Archive for December, 2007
Doujinshi 01.35
Wednesday, December 26th, 2007Doujinshi 01.34
Sunday, December 23rd, 2007Angkor travelblogue 03
Sunday, December 23rd, 2007Today we took a 90 minute tuk tuk ride to the site of Beng Mealea, which receives few visitors due to its distance from Siem Reap and its ruined state. Reports describe it as a “jungle adventure” with piles of fallen masonry to be scrambled over and vines covering the remains of the buildings. It has only become accessible in the last few years, after landmines were cleared and a surfaced road built.
We bought masks to filter the air on the dusty roads (check out my hair after no trim for six months, no brushing that morning and a few minutes in a tuk tuk !):
![]()
I was taken by the traditional wooden two-storey houses on stilts in the villages we passed along the way, but was lulled by the scenery and forgot about photos (Stu took most of the pictures I’ve put up here). At Beng Mealea, our first stop was the toilet, about which I had some fears, which proved unfounded, as the loo block was clean, western-style and had paper. The temple setting was more bush than jungle, or perhaps it was just the dry season weather giving the vegetation the sun-flattened, dull-barked look I mentally file under “bush” (I forgot to mention - a stretch of the airport road was lined with gum trees - I felt suddenly nostalgic!), but the tall trees provided welcome shade regardless. At the entrance to the site we acquired a guide, a young woman who spoke, I think, no English, who led us around the wooden walkway that has been constructed around some, but not all, of the temple, and helped us negotiate the piles of rubble. Though shorter than I, she climbed up and down the hills of big, jumbled rectangular blocks with great agility and confident stretches that put me to shame. Being a complete coward and not experienced in climbing anything more challenging than stairs, I found that I did best physically and mentally as a quadruped, and did most of my exploring on all fours. Squeezing through a window and stalking over roofs, we found carved false doors, crypt-like corridors, a library covered in strangler figs, an inaccessible courtyard covered in a wild carpet of plants, and ways rendered impassable by fallen ceilings.

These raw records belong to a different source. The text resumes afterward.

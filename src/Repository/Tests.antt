-- ===== src/Repository/Tests.antt =====
-- Runs of the repository of src/www/app/outline_server_repository/index.ts, and its theorems at
-- them.
use pepper_vpn_client.Common.{
  All, String, true, false, none, some, List, [], ◌∷◌, ◌++◌, ◌≡◌, ap, sym, ◌↔◌, refl, if◌then◌else◌,
  str_eq,
}
use pepper_vpn_client.Common.Map
use pepper_vpn_client.Common.Map.{Entries}
use pepper_vpn_client.Common.Exec.{ok}
use pepper_vpn_client.Common.Text.{starts_with, strip_prefix, split, includes}
use pepper_vpn_client.AccessKey.{
  replace_prefix, Url, ParsedConfig, is_dynamic_access_key, static_key_to_session_config,
}
use pepper_vpn_client.Server.{
  OutlineServer, fetch_location, new_outline_server, is_server_cipher_supported,
}
use pepper_vpn_client.Repository.{
  tolerate, Repository, server_added, add, rename, load_servers, new_server, create_server, to_json,
  name_of_new, store_servers,
}
use pepper_vpn_client.Repository.Keys.{
  validate_config, OutlineServerJson, validate_access_key, validate_static_key,
  server_from_access_key, as_https, after_first, has_access_key, static_keys_match,
  server_name_from_access_key,
}
use pepper_vpn_client.Repository.Reload.{rest_of}
use pepper_vpn_client.Repository.Invariant.{
  IsConsistent, Step, added, renamed, Reach, here, next, Step-IsConsistent,
  load_servers_after_calls,
}
use pepper_vpn_client.Repository.Adding.{validate_static-eq-ok_iff, add_ok}
use pepper_vpn_client.Repository.Runs.{
  parse_key, parse_location, environment, static_server, empty, env, empty-IsConsistent, is_static,
  empty_free, static_parses,
}

test_add : add env "a" "ss://A" empty ≡ (
  record {
    server_by_id = ("a", static_server "a" "A" (some "undefined")) ∷ [];
    last_forgotten_server = none;
    storage = empty.storage;
    events = server_added (static_server "a" "A" (some "undefined")) ∷ [];
  },
  ok tt,
)
unfolding add new_server create_server new_outline_server validate_access_key validate_static_key
    validate_config server_from_access_key has_access_key static_keys_match name_of_new
    store_servers server_name_from_access_key tolerate is_dynamic_access_key
    static_key_to_session_config is_server_cipher_supported strip_prefix starts_with replace_prefix
    Map.set Map.get Map.values split includes
test_add = refl

-- Three methods, and what is stored in the end.
abbrev saved : List OutlineServerJson
saved =
    record { id = "a"; access_key = "ss://A"; name = some "Home" }
    ∷ record { id = "b"; access_key = "https://B"; name = some "undefined" }
    ∷ []

abbrev after_calls : Repository
after_calls =
    rename (environment saved) "a" "Home"
      (add (environment saved) "b" "ssconf://B" (add (environment saved) "a" "ss://A" empty).0).0

after_calls-json : to_json (environment saved) (Map.values after_calls.server_by_id) ≡ saved
unfolding add new_server create_server new_outline_server validate_access_key validate_static_key
    validate_config server_from_access_key has_access_key static_keys_match name_of_new
    store_servers server_name_from_access_key tolerate is_dynamic_access_key
    static_key_to_session_config is_server_cipher_supported strip_prefix starts_with replace_prefix
    Map.set Map.get Map.values split includes rename to_json fetch_location
after_calls-json = refl

free_id : Map.get (add (environment saved) "a" "ss://A" empty).0.server_by_id "b" ≡ none
unfolding add new_server create_server new_outline_server validate_access_key validate_static_key
    validate_config server_from_access_key has_access_key static_keys_match name_of_new
    store_servers server_name_from_access_key tolerate is_dynamic_access_key
    static_key_to_session_config is_server_cipher_supported strip_prefix starts_with replace_prefix
    Map.set Map.get Map.values split includes
free_id = refl

location_parses :
    (url : Url) × ((environment saved).parsers.parse_url (fetch_location "ssconf://B") ≡ ok url)
unfolding fetch_location replace_prefix strip_prefix
location_parses = (_, refl)

is_dynamic : is_dynamic_access_key "ssconf://B" ≡ true
unfolding is_dynamic_access_key starts_with strip_prefix
is_dynamic = refl

first-Step : Step (environment saved) empty (add (environment saved) "a" "ss://A" empty).0
first-Step = added "a" "ss://A" empty_free (static_parses saved)

calls : Reach (environment saved) empty after_calls
calls =
    next
      (next (next (here empty) first-Step) (added "b" "ssconf://B" free_id (λ d. location_parses)))
      (renamed "a" "Home")

load_servers_after_calls_example :
    load_servers (environment saved) after_calls.storage
    ≡ ok (record {
      server_by_id = rest_of after_calls.server_by_id;
      last_forgotten_server = none;
      storage = after_calls.storage;
      events = [];
    })
load_servers_after_calls_example =
    load_servers_after_calls (environment saved) empty after_calls calls (empty-IsConsistent saved)
      (λ e. cc) (ap ok (sym after_calls-json))

Step-IsConsistent_example :
    IsConsistent (environment saved) (add (environment saved) "a" "ss://A" empty).0
Step-IsConsistent_example =
    Step-IsConsistent (environment saved) first-Step (empty-IsConsistent saved)

abbrev one : Repository
one = (add env "a" "ss://A" empty).0

add_works : (add env "a" "ss://A" empty).1 ≡ ok tt
unfolding add new_server create_server new_outline_server validate_access_key validate_static_key
    validate_config server_from_access_key has_access_key static_keys_match name_of_new
    store_servers server_name_from_access_key tolerate is_dynamic_access_key
    static_key_to_session_config is_server_cipher_supported strip_prefix starts_with replace_prefix
    Map.set Map.get Map.values split includes
add_works = refl

add_ok_example :
    (server : OutlineServer) × (server.id ≡ "a")
    × (server.access_key
        ≡ (if is_dynamic_access_key "ss://A" then fetch_location "ss://A" else "ss://A"))
    × ((j : String)
        → Map.get one.server_by_id j
          ≡ (if str_eq "a" j then some server else Map.get empty.server_by_id j))
    × (one.last_forgotten_server ≡ none)
    × (one.events ≡ [] ++ server_added server ∷ [])
add_ok_example = add_ok env "a" "ss://A" empty add_works

validate_static-eq-ok_iff_example : (validate_access_key env [] "ss://A" ≡ ok tt) ↔ (
    (config : ParsedConfig) × (server_from_access_key env [] "ss://A" ≡ none)
    × (parse_key "ss://A" ≡ ok config)
    × (config.host_is_ipv6 ≡ false)
    × (is_server_cipher_supported (some config.method) ≡ true))
validate_static-eq-ok_iff_example = validate_static-eq-ok_iff env [] "ss://A" is_static

fragment_parts : All (λ pair. includes b'=' pair ≡ true) (split b'&' (after_first "#a=b"))
unfolding split includes
fragment_parts = (refl, tt)

fragment_location :
    parse_location (as_https "ss://A")
    ≡ ok (record { hostname = "A"; port = ""; protocol = "https:"; hash = "#a=b" })
unfolding strip_prefix
fragment_location = refl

After the tour finished, we were free to explore on our own. Even at the major temples, visitors are given the right to climb steep and dangerous stairs and only shut out of structurally unsound areas. I can’t recall a single warning sign at Beng Mealea. We overheard a guide telling his two Japanese tourists that a rockfall at their feet was where another two Japanese girls had fallen and broken limbs in the wet season. Exploring was great fun, and we even managed to get slightly lost!
This dancing Shiva was on a fallen stone at the bottom of a pile:
![]()
These kids were climbing around the ruins, carrying tinder (I think), or possibly thatching material. [Edit: Stu thinks it’s a straw doll]:
![]()
A shaft of light in a corridor:
![]()
As we explored, I started to feel puzzled by the generally good condition of the temple’s intact parts and carvings, and of the rubble in the piles. Furthermore, while strangler figs had certainly got going over the walls, there were none of the giant silk cotton trees that we had seen at Ta Prohm and elsewhere. The invasion of the jungle didn’t seem a particularly ancient one. Something wasn’t adding up, and when we were leaving, Som enlightened us. The temple had been in good condition, he said, until the civil war, when it was damaged by artillery. For me this cast a retrospective shadow over the fun we’d had exploring this “lost jungle temple”. Still, I’m glad we went. Many an old ruin became a ruin because of a war, I guess.
We were back in Siem Reap in time for lunch. We ate at a French restaurant where we’d had a good meal the night before (when we were regaled by a drunk in the open-walled house next door - the guy seemed to be speaking in tongues - but the lunch hour was devoid of free entertainments). Rather than have a “proper lunch” as my mother would call it, I had very improper deep fried pineapple rolls in an excellent chocolate sauce.
And then it was time to head back to the airport. This time Som’s wife and her mother rode with us in the tuk tuk. Som’s wife had come up to see him, and I wondered how many of the people working in Siem Reap are actually from there, and how many have come in search of a living on the tourist dollar.
One final, inexplicable mystery greeted us at the airport. The fancy homemade ice cream was cheaper there than in town. Wonders will, indeed, never cease.
Doujinshi 01.33
Friday, December 21st, 2007Angkor Travelblogue 02
Thursday, December 20th, 2007Day Three
Our early morning trip to Ta Prohm was great. It had been quite crowded in the afternoon yesterday but this morning we were amongst the first visitors and were able to wander almost alone around the carved ruins and admire again the dripping trees, vaguely subaquatic, like anencephalic cephalopods.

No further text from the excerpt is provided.